Thank you very much for a detailed explanation. It is very clear to me now.
One minor issue is that you mentioned you could get snapshot throughput of 70 MB/sec. With that throughput, could you take snapshot with granularity of 1 sec for a database whose size is greater than 70MB ?..
One minor issue is that you mentioned you could get snapshot throughput of 70 MB/sec. With that throughput, could you take snapshot with granularity of 1 sec for a database whose size is greater than 70MB ?
Snapshotting speeds up linearly as you add nodes much like regular Volt. Replicas do not speed up snapshotting because each replica records a copy of all tables so you will end up with three copies of your database when you snapshot. In theory you can speed up snapshotting by adding a faster disk subsystem at each node, but there is a tipping point where the current implementation doesn't saturate the disk subsystem.
For example, in case of 9.94 transactions per minutes (as noted in your White Paper), I assume, on the average, each transaction update 1 tuple, then the number of updates per second will be about 160k updates per second. Also assume the updates are uniformly distributed, then you have to copy about half of them into the temporary table, i.e. 80k tuples.
Also, assume the cost of copying (include locking COW iterator
position to check the relative position, checking the dirty bit, copying the tuple to the temporary table) is about 1 micro second. Then for each second, the overhead is about 80k * 1 micro seconds = 0.08 second. That means taking snapshot reduces the performance by about 8%.
Here @ VoltDB we believe that locks belong on bagels and not tables, indexes, or iterators. There is no locking cost associate with accessing the iterator because every partition has a dedicated thread with exclusive access to all the table, index, and iterator data, and that is the only thread that will ever access that data. In VoltDB parlance the partition is the lock and it is always held by its dedicated thread.

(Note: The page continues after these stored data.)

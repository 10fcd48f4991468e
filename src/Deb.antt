-- ===== src/Deb.antt =====
-- internal/deb: the metadata of a Debian package file, in internal/deb/reader.go. `tools` are the
-- decompressors and archive/tar. `members` takes the members on fuel.
pub mod Ar
pub mod Control
pub mod Whole
pub mod Ends
pub mod Info
pub mod Fuel
pub mod Reads
pub mod Limits
pub mod Written
pub mod Format
mod Tests
use deb_s.Prelude.{
  ◌>>=◌, ◌>>◌, ℕ, zero, suc, Bool, true, false, not, Option, none, some, [], if◌then◌else◌, ltb,
  Text, codes, equal, has_prefix, length, trim, is_space, decimal, Error, Result, ok, err, failed,
  wrapped, and_then, wrap, Exec, pure, raise, lift, not_debian_binary, large_debian_binary,
  truncated_debian_binary, unsupported_version, unexpected_member, no_debian_binary,
  no_control_archive, no_data_archive,
}
use deb_s.Digest.{Codec, encode_to_string}
use deb_s.Apt.Package.{Package}
use deb_s.Apt.Package.Parse.{parse_package}
use Ar.{Archive, Member, new_archive, next, read_body, is_end, format_read_error}
use Control.{Tools, ReaderOptions, with_defaults, read_control_archive}

pub record PackageInfo : Type 0 where
  pub metadata : Package
  pub size : ℕ
  pub md5 : Text
  pub sha1 : Text
  pub sha256 : Text

-- What was seen of the members, and the member that is expected.
pub data Stage : Type 0 where
  first control_next data_next trailing : Stage

pub record Progress : Type 0 where
  pub control : Text
  pub seen_debian_binary : Bool
  pub seen_control : Bool
  pub seen_data : Bool
  pub stage : Stage

abbrev pub at_first : Progress
at_first = record {
  control = [];
  seen_debian_binary = false;
  seen_control = false;
  seen_data = false;
  stage = first;
}

abbrev pub truncated : Result Text × Archive → Result Text × Archive
truncated (ok value, a) = (ok value, a)
truncated (err e, a) = (err (format_read_error e truncated_debian_binary), a)

abbrev pub read_version : Exec Archive Text
read_version a = truncated (read_body a)

-- `strings.Cut(version, ".")` gives the major version "2".
abbrev major_is_2 : Text → Bool
major_is_2 version = has_prefix version (codes "2.")

unfoldable pub check_version : Text → Result (Unit {0})
unfolding has_prefix trim
check_version value =
    if major_is_2 (trim is_space value) then ok tt else err (failed unsupported_version)

-- `validateDebianBinary`
unfoldable pub validate_debian_binary : Member → Exec Archive (Unit {0})
unfolding read_body check_version ◌>>=◌
validate_debian_binary member =
    if ltb 32 member.size
    then raise (failed large_debian_binary)
    else (do value ← read_version; lift (check_version value))

module _ (tools : Tools) (options : ReaderOptions) where
  abbrev with_control : Progress → Exec Archive Text → Exec Archive Progress
  with_control p m = do
    control ← m
    pure (record p { control = control; seen_control = true; stage = data_next })

  -- One member, by what is expected.
  abbrev pub at_stage : Stage → Progress → Member → Exec Archive Progress
  at_stage first p member =
      if not (equal member.name (codes "debian-binary"))
      then raise (failed not_debian_binary)
      else (do
        validate_debian_binary member
        pure (record p { seen_debian_binary = true; stage = control_next }))
  at_stage control_next p member =
      if has_prefix member.name (codes "_")
      then pure p
      else if not (has_prefix member.name (codes "control.tar"))
      then raise (failed unexpected_member)
      else with_control p (read_control_archive tools options member)
  at_stage data_next p member =
      if has_prefix member.name (codes "_")
      then pure p
      else if not (has_prefix member.name (codes "data.tar"))
      then raise (failed unexpected_member)
      else pure (record p { seen_data = true; stage = trailing })
  at_stage trailing p member = pure p

  unfoldable pub take_member : Progress → Member → Exec Archive Progress
  unfolding equal has_prefix validate_debian_binary read_control_archive ◌>>=◌
  take_member p member = at_stage p.stage p member

  abbrev pub member_taken :
      Result Progress × Archive
      → (Progress → Archive → Option (Result Progress × Archive))
      → Option (Result Progress × Archive)
  member_taken (ok p, a) rest = rest p a
  member_taken (err e, a) rest = some (err e, a)

  abbrev pub member_read :
      Progress
      → Result Member × Archive
      → (Progress → Archive → Option (Result Progress × Archive))
      → Option (Result Progress × Archive)
  member_read p (ok member, a) rest = member_taken (take_member p member a) rest
  member_read p (err e, a) rest = some ((if is_end e then ok p else err e), a)

  -- The loop over the members; `none` means that the fuel ran out.
  unfoldable pub members : ℕ → Progress → Archive → Option (Result Progress × Archive)
  unfolding next take_member
  members zero p a = none
  members (suc fuel) p a = member_read p (next a) (λ p' a'. members fuel p' a')

-- The control file of a complete package.
unfoldable pub complete : Progress → Result Text
complete p =
    if not p.seen_debian_binary
    then err (failed no_debian_binary)
    else if not p.seen_control
    then err (failed no_control_archive)
    else if not p.seen_data
    then err (failed no_data_archive)
    else ok p.control

-- The fields that describe an entry of an index are not taken from a control file.
unfoldable pub without_index_fields : Package → Package
without_index_fields pack = record pack {
  index_filename = none;
  size = none;
  md5 = none;
  sha1 = none;
  sha256 = none;
}

-- The digests and the counter have seen what was taken from the stream.
unfoldable pub package_info : Codec → Text → Text → Text → Result PackageInfo
unfolding without_index_fields encode_to_string parse_package
package_info c maintainer taken control = and_then (wrap (parse_package maintainer control)) λ pack.
    ok (record {
      metadata = without_index_fields pack;
      size = length taken;
      md5 = encode_to_string (c.md5_sum taken);
      sha1 = encode_to_string (c.sha1_sum taken);
      sha256 = encode_to_string (c.sha256_sum taken);
    })

abbrev pub inspected : Codec → Text → Result Progress × Archive → Result PackageInfo
inspected c maintainer (r, a) =
    and_then r λ p. and_then (complete p) λ control. package_info c maintainer a.taken control

abbrev pub if_done : Codec → Text → Option (Result Progress × Archive) → Option (Result PackageInfo)
if_done c maintainer none = none
if_done c maintainer (some x) = some (inspected c maintainer x)

-- `ReadPackage` of a stream that gives `input`.
unfoldable pub read_package :
    ℕ → Tools → Codec → Text → ReaderOptions → Text → Option Error → Option (Result PackageInfo)
unfolding members with_defaults complete package_info
read_package fuel tools c maintainer options input stop =
    if_done c maintainer
      (members tools (with_defaults options) fuel at_first (new_archive input stop))

-- The package with the facts of its file.
unfoldable pub with_file : Text → PackageInfo → PackageInfo
unfolding decimal
with_file filename info = record info {
  metadata = record info.metadata {
    filename = filename;
    size = some (decimal info.size);
    md5 = some info.md5;
    sha1 = some info.sha1;
    sha256 = some info.sha256;
  };
}

abbrev of_file : Text → Option (Result PackageInfo) → Option (Result PackageInfo)
of_file filename none = none
of_file filename (some r) = some (and_then (wrap r) λ info. ok (with_file filename info))

abbrev opened :
    ℕ
    → Tools
    → Codec
    → Text
    → ReaderOptions
    → Text
    → Result (Text × Option Error)
    → Option (Result PackageInfo)
opened fuel tools c maintainer options filename (err e) = some (err (wrapped e))
opened fuel tools c maintainer options filename (ok (input, stop)) =
    of_file filename (read_package fuel tools c maintainer options input stop)

-- `ReadPackageFile`; `files` is `os.Open`, with what the file gives.
unfoldable pub read_package_file :
    ℕ
    → Tools
    → Codec
    → Text
    → ReaderOptions
    → (Text → Result (Text × Option Error))
    → Text
    → Option (Result PackageInfo)
unfolding read_package with_file
read_package_file fuel tools c maintainer options files filename =
    opened fuel tools c maintainer options filename (files filename)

The cost to copy an average size tuple is less than 1 microsecond, and there are many threads in the system so there is actually (partition count * 1000000 microseconds) of execution time available each second. A tuple copy is already involved in every update and delete due to the undo log. I remember when we first added undo logging and the overhead was much smaller than expected. This is all taking place in memory with a hot cache at the source and destination. I suspect that the real overhead of snapshotting comes from the table scanning (pulling in memory is slow) and CRC calculations done to serialize chunks of table data. The serialization work takes execution time away from running stored procedures.
If every procedure invocation modifies a single tuple then the dominant cost in the system is going to be messaging and invoking stored procedures. In that situation the partitions are likely to spend enough time starved for work that snapshotting will not impact throughput even if the client applications firehoses requests.
If every procedure invocation modifies hundreds of tuples or does other time consuming work then the partitions will never starve for work if the system is saturated with requests and any time spent snapshotting is time spent not doing procedure work. If the system is not saturated then the snapshot work can be interleaved with regular procedure work and it will not have a large impact.
We have yet to come across a workload that does enough work in each stored procedure to %100 saturate a partition without some starvation. The less work done in each procedure the more likely the partition is going to spend time starved for procedure work.